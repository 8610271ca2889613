-- ===== src/Cache/History.antt =====
-- The cache of app/retrieval/semantic_cache.py over any sequence of its operations.
use agentic_rag_claude_code.Prelude.{
  ℕ, ◌-◌, ◌*◌, ◌≡◌, ◌≢◌, sym, ap, subst, ◌∙◌, ◌⊎◌, inl, inr, Bool, true, false, not, ◌&&◌, ◌||◌,
  Option, none, some, List, [], ◌∷◌, Text, In, In→elem, is_empty, length, leb, Bool-cases,
  if◌then◌else◌,
}
use agentic_rag_claude_code.Characters.{CharTable, strip}
use agentic_rag_claude_code.Settings.{Settings}
use agentic_rag_claude_code.Citations.{Citation}
use agentic_rag_claude_code.Access.Redis.{Nat-cases}
use agentic_rag_claude_code.Auth.Tokens.{second}
use agentic_rag_claude_code.Cache.Stores.{Entry, Points, Tag, coll, doc, Tags}
use agentic_rag_claude_code.Cache.Semantic.{
  CacheHit, Stores, scope_hash, scan_points, evict_stale, lookup, store, evict, purge_expired,
}
use agentic_rag_claude_code.Cache.Tagged.{
  ids_of, named, id_of_tag, IsTagged, Fewer, Fewer-IsTagged, delete-Fewer, delete_older-Fewer,
  store-IsTagged,
}

unfoldable pub Tag-cases : (t u : Tag) → (t ≡ u) ⊎ (t ≢ u)
unfolding Nat-cases
Tag-cases (coll c) (coll d) = elim (Nat-cases c d) [
  | inl e ↦ inl (ap (λ c. coll c) e)
  | inr n ↦ inr (λ e. n (ap id_of_tag e))
]
Tag-cases (coll c) (doc d) = inr (λ e. cc)
Tag-cases (doc c) (coll d) = inr (λ e. cc)
Tag-cases (doc c) (doc d) = elim (Nat-cases c d) [
  | inl e ↦ inl (ap (λ c. doc c) e)
  | inr n ↦ inr (λ e. n (ap id_of_tag e))
]

is_empty-In : (xs : List ℕ) (i : ℕ) → is_empty xs ≡ true → In i xs → ⊥
is_empty-In [] i h m = m
is_empty-In (x ∷ xs) i h m = cc

module _ (points : Points) (tags : Tags) where
  -- No entry is about the document or the collection of the tag.
  unfoldable pub IsGone : Tag → Stores points tags → Type 0
  IsGone t w =
      (i : ℕ) (e : Entry) → points.entry w.vectors i ≡ some e → In (id_of_tag t) (ids_of t e) → ⊥

  pub Fewer-IsGone :
      (t : Tag) (w w' : Stores points tags)
      → Fewer points tags w.vectors w'.vectors
      → IsGone t w
      → IsGone t w'
  unfolding IsGone
  Fewer-IsGone t w w' f g i e k m = g i e (f i e k) m

  deleted-entry :
      (ids : List ℕ) (v : points.Store) (i : ℕ) (e : Entry)
      → points.entry (points.delete ids v) i ≡ some e
      → In i ids
      → ⊥
  deleted-entry ids v i e h m = never (
      sym (ap (λ b. if b then none else points.entry v i) (In→elem i ids m))
      ∙ sym (points.entry-delete ids v i)
      ∙ h)
    where
      never : ◌≡◌ {A = Option Entry} none (some e) → ⊥
      never k = cc

  module _ (sha256 : List ℕ → ℕ) (table : CharTable) (s : Settings) where
    abbrev after : ℕ × Stores points tags → Stores points tags
    after r = r.1

    abbrev emptied : Tag → Stores points tags → Stores points tags
    emptied t w = record {
      vectors = points.delete (tags.smembers t w.tagged) w.vectors;
      tagged = tags.delete t w.tagged;
    }

    evict-cases :
        (t : Tag) (w : Stores points tags) (P : Stores points tags → Type 0)
        → (is_empty (tags.smembers t w.tagged) ≡ true → P w)
        → P (emptied t w)
        → P (evict points tags sha256 table s t w).1
    unfolding evict
    evict-cases t w P a b = elim (Bool-cases (is_empty (tags.smembers t w.tagged))) [
      | inl h ↦
          subst
            (λ x.
              P (after (if x then (0, w) else (length (tags.smembers t w.tagged), emptied t w))))
            (sym h) (a h)
      | inr h ↦
          subst
            (λ x.
              P (after (if x then (0, w) else (length (tags.smembers t w.tagged), emptied t w))))
            (sym h) b
    ]

    pub evict-IsGone :
        (t : Tag) (w : Stores points tags)
        → IsTagged points tags t w
        → IsGone t (evict points tags sha256 table s t w).1
    unfolding IsTagged IsGone
    evict-IsGone t w h =
        evict-cases t w (IsGone t)
          (λ q i e k m. is_empty-In (tags.smembers t w.tagged) i q (h i e k m))
          (λ i e k m.
            deleted-entry (tags.smembers t w.tagged) w.vectors i e k
              (h i e (delete-Fewer points tags (tags.smembers t w.tagged) w.vectors i e k) m))

    pub evict-Fewer :
        (t : Tag) (w : Stores points tags)
        → Fewer points tags w.vectors (evict points tags sha256 table s t w).1.vectors
    evict-Fewer t w =
        evict-cases t w (λ w'. Fewer points tags w.vectors w'.vectors) (λ q i e k. k)
          (delete-Fewer points tags (tags.smembers t w.tagged) w.vectors)

    emptied-IsTagged :
        (t u : Tag) (w : Stores points tags)
        → IsTagged points tags u w
        → IsTagged points tags u (emptied t w)
    unfolding IsTagged
    emptied-IsTagged t u w h i e k m =
        let before = delete-Fewer points tags (tags.smembers t w.tagged) w.vectors i e k in
        elim (Tag-cases u t) [
          | inl q ↦
              elim (deleted-entry (tags.smembers t w.tagged) w.vectors i e k
                (subst (λ t. In i (tags.smembers t w.tagged)) q (h i e before m))) [ ]
          | inr d ↦ subst (In i) (sym (tags.delete_other t u w.tagged d)) (h i e before m)
        ]

    evict-IsTagged :
        (t u : Tag) (w : Stores points tags)
        → IsTagged points tags u w
        → IsTagged points tags u (evict points tags sha256 table s t w).1
    evict-IsTagged t u w h =
        evict-cases t w (IsTagged points tags u) (λ q. h) (emptied-IsTagged t u w h)

    abbrev after_lookup : Option CacheHit × Stores points tags → Stores points tags
    after_lookup r = r.1

    pub lookup-vectors :
        (evicts : Bool) (now : ℕ) (allowed : List ℕ) (query : Text) (w : Stores points tags)
        (P : Stores points tags → Type 0)
        → P w
        → ((ids : List ℕ) → P (record w { vectors = points.delete ids w.vectors }))
        → P (lookup points tags sha256 table s evicts now allowed query w).1
    unfolding lookup
    lookup-vectors evicts now allowed query w P a b =
        outer (is_empty (strip table query) || not (points.collection_exists w.vectors))
      where
        found : List ℕ × Option CacheHit
        found =
            scan_points points tags sha256 table s now allowed
              (points.query_points (scope_hash points tags sha256 table s allowed) query w.vectors)

        inner :
            (x : Bool) (ids : List ℕ)
            → P (if x then record w { vectors = points.delete ids w.vectors } else w)
        inner true ids = b ids
        inner false ids = a

        outer :
            (x : Bool)
            → P (
                after_lookup (
                  if x
                  then (none, w)
                  else (found.1, evict_stale points tags sha256 table s evicts found.0 w)))
        outer true = a
        outer false = inner (evicts && not (is_empty found.0)) found.0

    pub purge-vectors :
        (now : ℕ) (w : Stores points tags) (P : Stores points tags → Type 0)
        → P w
        → ((cutoff : ℕ) → P (record w { vectors = points.delete_older cutoff w.vectors }))
        → P (purge_expired points tags sha256 table s now w).1
    unfolding purge_expired
    purge-vectors now w P a b = outer (not (points.collection_exists w.vectors))
      where
        cutoff : ℕ
        cutoff = now - s.semantic_cache_ttl_s * second

        before : ℕ
        before = points.count_older cutoff w.vectors

        inner :
            (x : Bool)
            → P (
                after (
                  if x
                  then (0, w)
                  else (before, record w { vectors = points.delete_older cutoff w.vectors })))
        inner true = a
        inner false = b cutoff

        outer :
            (x : Bool)
            → P (
                after (
                  if x
                  then (0, w)
                  else (if leb before 0
                      then (0, w)
                      else (before, record w { vectors = points.delete_older cutoff w.vectors }))))
        outer true = a
        outer false = inner (leb before 0)

    -- Any sequence of the operations, in which each store meets `Ok`: whether its tags are written, its
    -- collections and its documents.
    pub data Steps (Ok : Bool → List ℕ → List ℕ → Type 0) (w : Stores points tags)
        : Stores points tags → Type 0 where
      start : Steps Ok w w
      stored :
          (written : Bool) (now id : ℕ) (query answer : Text) (cs ds : List ℕ)
          (scope : Option (List ℕ)) (citations : List Citation) (v : Stores points tags)
          → Ok written cs ds
          → Steps Ok w v
          → Steps Ok w
              (store points tags sha256 table s written now id query answer cs ds scope citations v)
      looked_up :
          (evicts : Bool) (now : ℕ) (allowed : List ℕ) (query : Text) (v : Stores points tags)
          → Steps Ok w v
          → Steps Ok w (lookup points tags sha256 table s evicts now allowed query v).1
      invalidated :
          (t : Tag) (v : Stores points tags)
          → Steps Ok w v
          → Steps Ok w (evict points tags sha256 table s t v).1
      purged :
          (now : ℕ) (v : Stores points tags)
          → Steps Ok w v
          → Steps Ok w (purge_expired points tags sha256 table s now v).1

    pub Steps-IsTagged :
        (Ok : Bool → List ℕ → List ℕ → Type 0) (t : Tag)
        → ((written : Bool) (cs ds : List ℕ)
            → Ok written cs ds
            → In (id_of_tag t) (named t cs ds)
            → written ≡ true)
        → (w v : Stores points tags) → IsTagged points tags t w
        → Steps Ok w v
        → IsTagged points tags t v
    Steps-IsTagged Ok t safe w v h start = h
    Steps-IsTagged Ok t safe w _ h
          (stored written now id query answer cs ds scope citations v o p) =
        store-IsTagged points tags sha256 table s written now id query answer cs ds scope citations
          t v (safe written cs ds o) (Steps-IsTagged Ok t safe w v h p)
    Steps-IsTagged Ok t safe w _ h (looked_up evicts now allowed query v p) =
        lookup-vectors evicts now allowed query v (IsTagged points tags t)
          (Steps-IsTagged Ok t safe w v h p)
          (λ ids.
            Fewer-IsTagged points tags t v (points.delete ids v.vectors)
              (Steps-IsTagged Ok t safe w v h p) (delete-Fewer points tags ids v.vectors))
    Steps-IsTagged Ok t safe w _ h (invalidated u v p) =
        evict-IsTagged u t v (Steps-IsTagged Ok t safe w v h p)
    Steps-IsTagged Ok t safe w _ h (purged now v p) =
        purge-vectors now v (IsTagged points tags t) (Steps-IsTagged Ok t safe w v h p) (λ cutoff.
          Fewer-IsTagged points tags t v (points.delete_older cutoff v.vectors)
            (Steps-IsTagged Ok t safe w v h p) (delete_older-Fewer points tags cutoff v.vectors))
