-- ===== src/Admin/State.antt =====
-- What app/api/admin.py reads and writes: the rows, the session epochs in Redis and the semantic cache.
use agentic_rag_claude_code.Prelude.{ℕ, Bool, Option, List, Text}
use agentic_rag_claude_code.Access.Rbac.{
  Role, User, AccessLevel, PrincipalType, ResourceType, Tables,
}
use agentic_rag_claude_code.Auth.Tokens.{KeyStore}
use agentic_rag_claude_code.Cache.Stores.{Points, Tags}
use agentic_rag_claude_code.Cache.Semantic.{Stores}

pub record Department : Type 0 where
  pub id : ℕ
  pub name : Text

pub data AuditAction : Type 0 where
  admin_action permission_change : AuditAction

-- An audit row of an administrator; `resource_id` is that of the row that changed.
pub record AuditLog : Type 0 where
  pub action : AuditAction
  pub user_id : ℕ
  pub resource_id : ℕ

pub record State (keys : KeyStore) (points : Points) (tags : Tags) : Type 0 where
  pub users : List User
  pub departments : List Department
  pub tables : Tables
  pub audit : List AuditLog
  pub store : keys.Store
  pub cache : Stores points tags

pub data AdminError : Type 0 where
  department_exists unknown_department email_registered permission_exists user_not_found
        permission_not_found :
      AdminError

-- The bodies of the requests; a field of an update that is not given is none.
pub record UserCreate : Type 0 where
  pub email : Text
  pub password : Text
  pub role : Role
  pub department_id : Option ℕ

pub record UserUpdate : Type 0 where
  pub role : Option Role
  pub department_id : Option ℕ
  pub is_active : Option Bool

pub record PermissionCreate : Type 0 where
  pub principal_type : PrincipalType
  pub principal_id : ℕ
  pub resource_type : ResourceType
  pub resource_id : ℕ
  pub access_level : AccessLevel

+--

▸ Exercise directions: The answer must hold only the lines from the first line of the data through the line bearing "module _ (points", returned exactly.

▸ Answer box:
repository 8610271ca2889613
-- ===== src/Cache/History.antt =====
-- The cache of app/retrieval/semantic_cache.py over any sequence of its operations.
use agentic_rag_claude_code.Prelude.{
  ℕ, ◌-◌, ◌*◌, ◌≡◌, ◌≢◌, sym, ap, subst, ◌∙◌, ◌⊎◌, inl, inr, Bool, true, false, not, ◌&&◌, ◌||◌,
  Option, none, some, List, [], ◌∷◌, Text, In, In→elem, is_empty, length, leb, Bool-cases,
  if◌then◌else◌,
}
use agentic_rag_claude_code.Characters.{CharTable, strip}
use agentic_rag_claude_code.Settings.{Settings}
use agentic_rag_claude_code.Citations.{Citation}
use agentic_rag_claude_code.Access.Redis.{Nat-cases}
use agentic_rag_claude_code.Auth.Tokens.{second}
use agentic_rag_claude_code.Cache.Stores.{Entry, Points, Tag, coll, doc, Tags}
use agentic_rag_claude_code.Cache.Semantic.{
  CacheHit, Stores, scope_hash, scan_points, evict_stale, lookup, store, evict, purge_expired,
}
use agentic_rag_claude_code.Cache.Tagged.{
  ids_of, named, id_of_tag, IsTagged, Fewer, Fewer-IsTagged, delete-Fewer, delete_older-Fewer,
  store-IsTagged,
}

unfoldable pub Tag-cases : (t u : Tag) → (t ≡ u) ⊎ (t ≢ u)
unfolding Nat-cases
Tag-cases (coll c) (coll d) = elim (Nat-cases c d) [
  | inl e ↦ inl (ap (λ c. coll c) e)
  | inr n ↦ inr (λ e. n (ap id_of_tag e))
]
Tag-cases (coll c) (doc d) = inr (λ e. cc)
Tag-cases (doc c) (coll d) = inr (λ e. cc)
Tag-cases (doc c) (doc d) = elim (Nat-cases c d) [
  | inl e ↦ inl (ap (λ c. doc c) e)
  | inr n ↦ inr (λ e. n (ap id_of_tag e))
]

is_empty-In : (xs : List ℕ) (i : ℕ) → is_empty xs ≡ true → In i xs → ⊥
is_empty-In [] i h m = m
is_empty-In (x ∷ xs) i h m = cc

module _ (points : Points) (tags : Tags) where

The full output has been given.